ところが、怖がりな子には、同じ方法ではかえって委縮してしまうかもしれません。
自分の気持ちを押し殺すことのないように
ちゃんと気持ちを言葉にして人に伝えることが出来るように
親は、子どもの心模様に注意を払う必要が出てきます。
 
マイペースでこだわりの強い子は、何度も繰り返し根気よく伝えていくことが大切です。
自分なりのルールを構築し、融通が利かないことで困ることが増えるからです。
ただし、伝える側は感情的にならず、あくまでも冷静沈着に対応するのです。
 
甘えん坊の子には、ついつい甘やかしてしまわないように
ダメなものはダメだと、心を鬼にして動じないで伝える工夫が必要ですね。
 
要は、しつけとは、子どもの持つ特性を活かしながら
皆に受け入れてもらえる方法で、欲求を叶えることが出来るようになること
これを目指すのです。
これらのことを念頭に『初めてダメを伝える時のポイント』をまとめますね。
 
① 危険が伴うことに限定する
 つまり、なんでもかんでも「ダメ」と伝えないこと
 多くは、事前に危険なものは取り除くなど環境を整えてあげることで回避してください。
 なぜなら、初めてダメを伝えられる子どもの達成すべき目的は
 世の中には思う通りに行かないことがあるんだという“限界の存在”を知ってもらうことにあるからです。
 
② わかりやすく伝える
 子どもが聞き入れない多くの場合は、伝え方に問題があります。
 つまり、子どもが判断に困るはっきりしない伝え方になっているのです。
 あいまいにせず、子どもが「なるほど!これはダメなんだ」と
 明確に理解できるように伝えましょう。
 【伝え方】
 *声を半オクターブ低くする
 *真顔で真剣な表情をつくる
 *短い言葉で、そして厳しい口調で伝える
 *両手を抑えるなど、問題となる行動を制止させる
 *頭を左右に横に振る
 *指で×を示す
 
③ 泣いても動じず対応
 大泣きする場合は、何も言わずに、ただ受け止めてあげることです。
 それよりも、残念な気持ちがあふれてくることを許してあげてください。
 「残念だね、悔しいね、でもダメなのよ」と言ってあげましょう。
 
④ 最後はHUGやスキンシップを伴いながらほめて終了
 結果的に「ダメ」を受け入れられたのであれば、必ずほめることを忘れないでください。
 「よくがまんできたね」
 「それでいいよ」
 とわかりやすく伝えてあげるのです。
 
⑤ 葛藤する「間」を与えてあげる
 「ダメ」を伝えるということは「どうすればいいか」を教えることです。
 つまり、子どもの中に、欲求を叶えるための新しい方法を習得させることがゴールです。

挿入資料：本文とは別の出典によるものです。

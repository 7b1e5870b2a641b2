-- ===== src/Trace/FocusPath.antt =====
-- internal/trace/path_focus.go: the breadth-first search for the focused path. A set of ids is a
-- map to the one-element type, as in the source.
pub mod Adjacent
pub mod Visit
pub mod Shortest
pub mod Seed
pub mod Fuel
use netobserv_spcg.Common.{
  ℕ, zero, suc, ◌+◌, ◌*◌, String, String-discrete, str_eq, Bool, true, false, ◌&&◌, ◌||◌, List, [],
  ◌∷◌, ◌++◌, map, Option, some, none, ltb, if◌then◌else◌, length,
}
use netobserv_spcg.Common.Maps.{Map, lookup, insert, contains}
pub use netobserv_spcg.Common.Sets.{IdSet, has, add}
use netobserv_spcg.Trace.Types.{TraceNode, TraceEdge}

abbrev pub Adjacency : Type 0
Adjacency = Map String (List String)

abbrev pub or_empty : Option (List String) → List String
or_empty none = []
or_empty (some xs) = xs

-- `adj[id]`, which is nil for an id without edges.
unfoldable pub neighbours : Adjacency → String → List String
neighbours adj id = or_empty (lookup String-discrete id adj)

-- `adj[from] = append(adj[from], to)`.
unfoldable pub link : String → String → Adjacency → Adjacency
link from to adj = insert String-discrete from (neighbours adj from ++ (to ∷ [])) adj

unfoldable pub add_adjacency : List TraceEdge → Adjacency → Adjacency
add_adjacency [] adj = adj
add_adjacency (e ∷ edges) adj = add_adjacency edges (link e.to e.from (link e.from e.to adj))

-- A queue entry of the search.
pub record SearchStep : Type 0 where
  pub id : String
  pub path : List String

-- The loop that seeds the queue with the source ids that are nodes of the graph.
unfoldable pub seed_queue : IdSet → IdSet → List SearchStep → IdSet → List SearchStep × IdSet
seed_queue [] node_set queue visited = (queue, visited)
seed_queue ((id, u) ∷ source_ids) node_set queue visited =
    let present = has id node_set in
    seed_queue source_ids node_set
      (if present then queue ++ (record { id = id; path = id ∷ [] } ∷ []) else queue)
      (if present then add id visited else visited)

-- The inner loop over `adj[cur.id]`.
unfoldable pub visit_neighbours :
    List String → List String → List SearchStep → IdSet → List SearchStep × IdSet
visit_neighbours path [] queue visited = (queue, visited)
visit_neighbours path (next ∷ rest) queue visited =
    let seen = has next visited in
    visit_neighbours path rest
      (if seen then queue else queue ++ (record { id = next; path = path ++ (next ∷ []) } ∷ []))
      (if seen then visited else add next visited)

-- The search loop. The outer `none` is that the fuel ran out, the inner one that no destination
-- was met.
unfoldable pub search_path :
    ℕ → Adjacency → IdSet → List SearchStep → IdSet → Option (Option (List String))
search_path fuel adj dest_ids [] visited = some none
search_path zero adj dest_ids (cur ∷ queue) visited = none
search_path (suc fuel) adj dest_ids (cur ∷ queue) visited =
    let (queue', visited') = visit_neighbours cur.path (neighbours adj cur.id) queue visited in
    let rest = search_path fuel adj dest_ids queue' visited' in
    if has cur.id dest_ids then some (some cur.path) else rest

-- The part of `markFocusPath` up to the end of the search. Each id enters the queue at most
-- once, and is a source or an end of an edge.
unfoldable pub best_path : List TraceEdge → IdSet → IdSet → IdSet → Option (Option (List String))
best_path edges node_set source_ids dest_ids =
    let (queue, visited) = seed_queue source_ids node_set [] [] in
    search_path (length source_ids + 2 * length edges) (add_adjacency edges []) dest_ids queue
      visited

-- The two assignments `Focused = true` of the fallback.
unfoldable pub focus_endpoints : IdSet → IdSet → List TraceNode → List TraceNode
focus_endpoints source_ids dest_ids =
    map (λ n. if has n.id source_ids || has n.id dest_ids then record n { focused = true } else n)

unfoldable pub mark_direct : IdSet → IdSet → List TraceEdge → List TraceEdge
mark_direct source_ids dest_ids =
    map (λ e. if has e.from source_ids && has e.to dest_ids then record e { primary = true } else e)

unfoldable pub on_path : List String → IdSet
on_path [] = []
on_path (id ∷ best) = add id (on_path best)

unfoldable pub focus_path : List String → List TraceNode → List TraceNode
focus_path best = map (λ n. if has n.id (on_path best) then record n { focused = true } else n)

unfoldable pub mark_hop : String → String → TraceEdge → TraceEdge
mark_hop a c e =
    if (str_eq e.from a && str_eq e.to c) || (str_eq e.from c && str_eq e.to a)
    then record e { primary = true }
    else e

-- The loop over consecutive ids of the path.
unfoldable pub mark_path : List String → List TraceEdge → List TraceEdge
mark_path [] edges = edges
mark_path (a ∷ []) edges = edges
mark_path (a ∷ c ∷ best) edges = mark_path (c ∷ best) (map (mark_hop a c) edges)

unfoldable pub apply_focus :
    IdSet
    → IdSet
    → Option (List String)
    → List TraceNode
    → List TraceEdge
    → List TraceNode × List TraceEdge
apply_focus source_ids dest_ids none nodes edges =
    (focus_endpoints source_ids dest_ids nodes, mark_direct source_ids dest_ids edges)
apply_focus source_ids dest_ids (some best) nodes edges =
    if ltb (length best) 2
    then (focus_endpoints source_ids dest_ids nodes, mark_direct source_ids dest_ids edges)
    else (focus_path best nodes, mark_path best edges)

abbrev pub is_nil : IdSet → Bool
is_nil [] = true
is_nil (x ∷ xs) = false

-- `markFocusPath` on the builder's nodes and edges; `none` is that the fuel ran out.
unfoldable pub mark_focus_path :
    IdSet
    → IdSet
    → IdSet
    → List TraceNode
    → List TraceEdge
    → Option (List TraceNode × List TraceEdge)
mark_focus_path node_set source_ids dest_ids nodes edges =
    if is_nil source_ids || is_nil dest_ids
    then some (nodes, edges)
    else (elim (best_path edges node_set source_ids dest_ids) [
      | none ↦ none
      | some best ↦ some (apply_focus source_ids dest_ids best nodes edges)
    ])
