-- ===== src/Trace/Builder.antt =====
-- internal/trace/graph_builder.go: the path graph as it is built, a node and an edge at a time.
-- `nodeID` cuts and lowers ASCII text; `truncate`, which shortens a label, is left out.
pub mod Distinct
pub mod Finished
use netobserv_spcg.Common.{
  ℕ, ◌+◌, Bool, true, false, ◌||◌, List, [], ◌∷◌, ◌++◌, Option, some, none, String, str_eq,
  is_empty, if◌then◌else◌, length, map, ◌>>=◌,
}
use netobserv_spcg.Common.Int64.{ℤ, pos, negsuc}
use netobserv_spcg.Common.Sets.{IdSet, has, add}
use netobserv_spcg.Common.Text.{◌+++◌, to_lower, trim_space, decimal}
use netobserv_spcg.Trace.Types.{TraceNode, TraceEdge, PathSummary}
use netobserv_spcg.Trace.FocusPath.{mark_focus_path}
use netobserv_spcg.Trace.Simplify.{TraceGraph, layer_for_kind, simplified}
use netobserv_spcg.Trace.Layout.{rank_for_kind}

-- `OwnerRef` and `PodDetail` of internal/k8s/workloads.go.
pub record OwnerRef : Type 0 where
  pub kind : String
  pub name : String
  pub uid : String

pub record PodDetail : Type 0 where
  pub namespace : String
  pub name : String
  pub uid : String
  pub status : String
  pub pod_ip : String
  pub pod_ips : List String
  pub host_ip : String
  pub node_name : String
  pub label_selector : String
  pub owners : List OwnerRef
  pub primary_owner : Option OwnerRef

abbrev pub no_pod : PodDetail
no_pod = record {
  namespace = "";
  name = "";
  uid = "";
  status = "";
  pod_ip = "";
  pod_ips = [];
  host_ip = "";
  node_name = "";
  label_selector = "";
  owners = [];
  primary_owner = none;
}

-- `ipEndpointNode` of endpoints.go.
pub record IpEndpointNode : Type 0 where
  pub id : String
  pub label : String
  pub kind : String
  pub detail : String
  pub external : Bool

pub record GraphBuilder : Type 0 where
  pub source_pods : List PodDetail
  pub dest_pods : List PodDetail
  pub dest_ip : Option IpEndpointNode
  pub scope : IdSet
  pub anchor : PodDetail
  pub source_ids : IdSet
  pub dest_ids : IdSet
  pub nodes : List TraceNode
  pub edges : List TraceEdge
  pub paths : List PathSummary
  pub node_set : IdSet
  pub edge_set : IdSet

abbrev joined_id : String → String → String → String
joined_id kind ns name =
    if is_empty ns then kind +++ ("/" +++ name) else kind +++ ("/" +++ (ns +++ ("/" +++ name)))

-- `nodeID`.
unfoldable pub node_id : String → String → String → String
node_id kind ns name = joined_id (to_lower (trim_space kind)) (trim_space ns) (trim_space name)

unfoldable pub pod_node_id : PodDetail → String
pod_node_id p = node_id "pod" p.namespace p.name

abbrev first_pod : List PodDetail → PodDetail
first_pod [] = no_pod
first_pod (p ∷ pods) = p

abbrev pod_ids : List PodDetail → IdSet → IdSet
pod_ids [] ids = ids
pod_ids (p ∷ pods) ids = pod_ids pods (add (pod_node_id p) ids)

abbrev with_ip : Option IpEndpointNode → IdSet → IdSet
with_ip none ids = ids
with_ip (some ip) ids = add ip.id ids

-- `newGraphBuilder`.
unfoldable pub new_graph_builder :
    List PodDetail → List PodDetail → Option IpEndpointNode → IdSet → GraphBuilder
new_graph_builder source_pods dest_pods dest_ip scope = record {
  source_pods = source_pods;
  dest_pods = dest_pods;
  dest_ip = dest_ip;
  scope = scope;
  anchor = first_pod source_pods;
  source_ids = pod_ids source_pods [];
  dest_ids = with_ip dest_ip (pod_ids dest_pods []);
  nodes = [];
  edges = [];
  paths = [];
  node_set = [];
  edge_set = [];
}

abbrev pub has_node : String → GraphBuilder → Bool
has_node id b = has id b.node_set

unfoldable pub anchor_pod_id : GraphBuilder → String
anchor_pod_id b = if is_empty b.anchor.name then "" else pod_node_id b.anchor

unfoldable pub anchor_node_id : GraphBuilder → String
anchor_node_id b = if is_empty b.anchor.node_name then "" else node_id "node" "" b.anchor.node_name

-- The arguments of `addNode`.
pub record NewNode : Type 0 where
  pub id : String
  pub label : String
  pub kind : String
  pub namespace : String
  pub tracked : Bool
  pub focused : Bool
  pub rank : ℤ
  pub detail : String

-- A negative rank stands for that of the kind.
abbrev rank_or : String → ℤ → ℕ
rank_or kind (pos n) = n
rank_or kind (negsuc n) = rank_for_kind kind

abbrev pub made_node : NewNode → TraceNode
made_node n = record {
  id = n.id;
  label = n.label;
  kind = n.kind;
  layer = "";
  namespace = n.namespace;
  rank = rank_or n.kind n.rank;
  track = "";
  x = 0;
  y = 0;
  width = 0;
  height = 0;
  tracked = n.tracked;
  focused = n.focused;
  status = "pending";
  detail = n.detail;
}

-- `addNode`: an id that is there is not added again.
unfoldable pub add_node : NewNode → GraphBuilder → GraphBuilder
add_node n b =
    if has n.id b.node_set
    then b
    else record b { node_set = add n.id b.node_set; nodes = b.nodes ++ (made_node n ∷ []) }

-- The arguments of `addEdge`.
pub record NewEdge : Type 0 where
  pub from : String
  pub to : String
  pub edge_type : String
  pub primary : Bool
  pub label : String
  pub drop : Bool

unfoldable pub edge_key : NewEdge → String
edge_key e = e.from +++ ("->" +++ (e.to +++ (":" +++ e.edge_type)))

unfoldable pub edge_number : ℕ → String
edge_number n = "e-" +++ decimal n

abbrev pub made_edge : NewEdge → ℕ → TraceEdge
made_edge e count = record {
  id = edge_number (count + 1);
  from = e.from;
  to = e.to;
  edge_type = e.edge_type;
  primary = e.primary;
  drop = e.drop;
  label = e.label;
}

-- `addEdge`: no loop, no edge without an end, and none twice.
unfoldable pub add_edge : NewEdge → GraphBuilder → GraphBuilder
add_edge e b =
    if is_empty e.from || (is_empty e.to || str_eq e.from e.to)
    then b
    else if has (edge_key e) b.edge_set
    then b
    else record b {
      edge_set = add (edge_key e) b.edge_set;
      edges = b.edges ++ (made_edge e (length b.edges) ∷ []);
    }

-- `addPath`.
unfoldable pub add_path : PathSummary → GraphBuilder → GraphBuilder
add_path p b = record b { paths = b.paths ++ (p ∷ []) }

abbrev pod_node : PodDetail → ℕ → NewNode
pod_node p rank = record {
  id = pod_node_id p;
  label = p.name;
  kind = "pod";
  namespace = p.namespace;
  tracked = true;
  focused = false;
  rank = pos rank;
  detail = p.pod_ip;
}

abbrev host_node : PodDetail → NewNode
host_node p = record {
  id = node_id "node" "" p.node_name;
  label = p.node_name;
  kind = "node";
  namespace = "";
  tracked = false;
  focused = false;
  rank = pos (rank_for_kind "node");
  detail = "scheduled node";
}

abbrev scheduled : PodDetail → NewEdge
scheduled p = record {
  from = pod_node_id p;
  to = node_id "node" "" p.node_name;
  edge_type = "scheduled";
  primary = false;
  label = "";
  drop = false;
}

unfoldable pub seed_source : PodDetail → GraphBuilder → GraphBuilder
seed_source p b =
    let b' = add_node (pod_node p 0) b in
    if is_empty p.node_name then b' else add_edge (scheduled p) (add_node (host_node p) b')

unfoldable pub seed_sources : List PodDetail → GraphBuilder → GraphBuilder
seed_sources [] b = b
seed_sources (p ∷ pods) b = seed_sources pods (seed_source p b)

unfoldable pub seed_dests : List PodDetail → GraphBuilder → GraphBuilder
seed_dests [] b = b
seed_dests (p ∷ pods) b = seed_dests pods (add_node (pod_node p 5) b)

unfoldable pub seed_ip : Option IpEndpointNode → GraphBuilder → GraphBuilder
seed_ip none b = b
seed_ip (some ip) b =
    add_node
      (record {
        id = ip.id;
        label = ip.label;
        kind = ip.kind;
        namespace = "";
        tracked = true;
        focused = false;
        rank = pos 5;
        detail = ip.detail;
      })
      b

-- `seedEndpoints`.
unfoldable pub seed_endpoints : GraphBuilder → GraphBuilder
seed_endpoints b = seed_ip b.dest_ip (seed_dests b.dest_pods (seed_sources b.source_pods b))

unfoldable pub with_layers : List TraceNode → List TraceNode
with_layers nodes =
    map
      (λ (n : TraceNode).
        if is_empty n.layer then record n { layer = layer_for_kind n.kind } else n)
      nodes

-- `finish` up to the layout; `none` is that the search of the focus path ran out of fuel.
unfoldable pub finish : GraphBuilder → Option TraceGraph
finish b = do
  marked ← mark_focus_path b.node_set b.source_ids b.dest_ids b.nodes b.edges
  some (simplified (record { nodes = with_layers marked.0; edges = marked.1; paths = b.paths }))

 そのためには、「葛藤」はつきもの。葛藤しながら模索させてあげるのです。
 そのためには、葛藤する「間」をつくってあげてください。
 決して親の言う通りに、すぐに従う子をつくらないでくださいね。
 
これらのことを参考にしながら、是非お子さんの特性を理解し、活かしながら
社会に受け入れられる方法が習得できるように支えてあげてくださいね。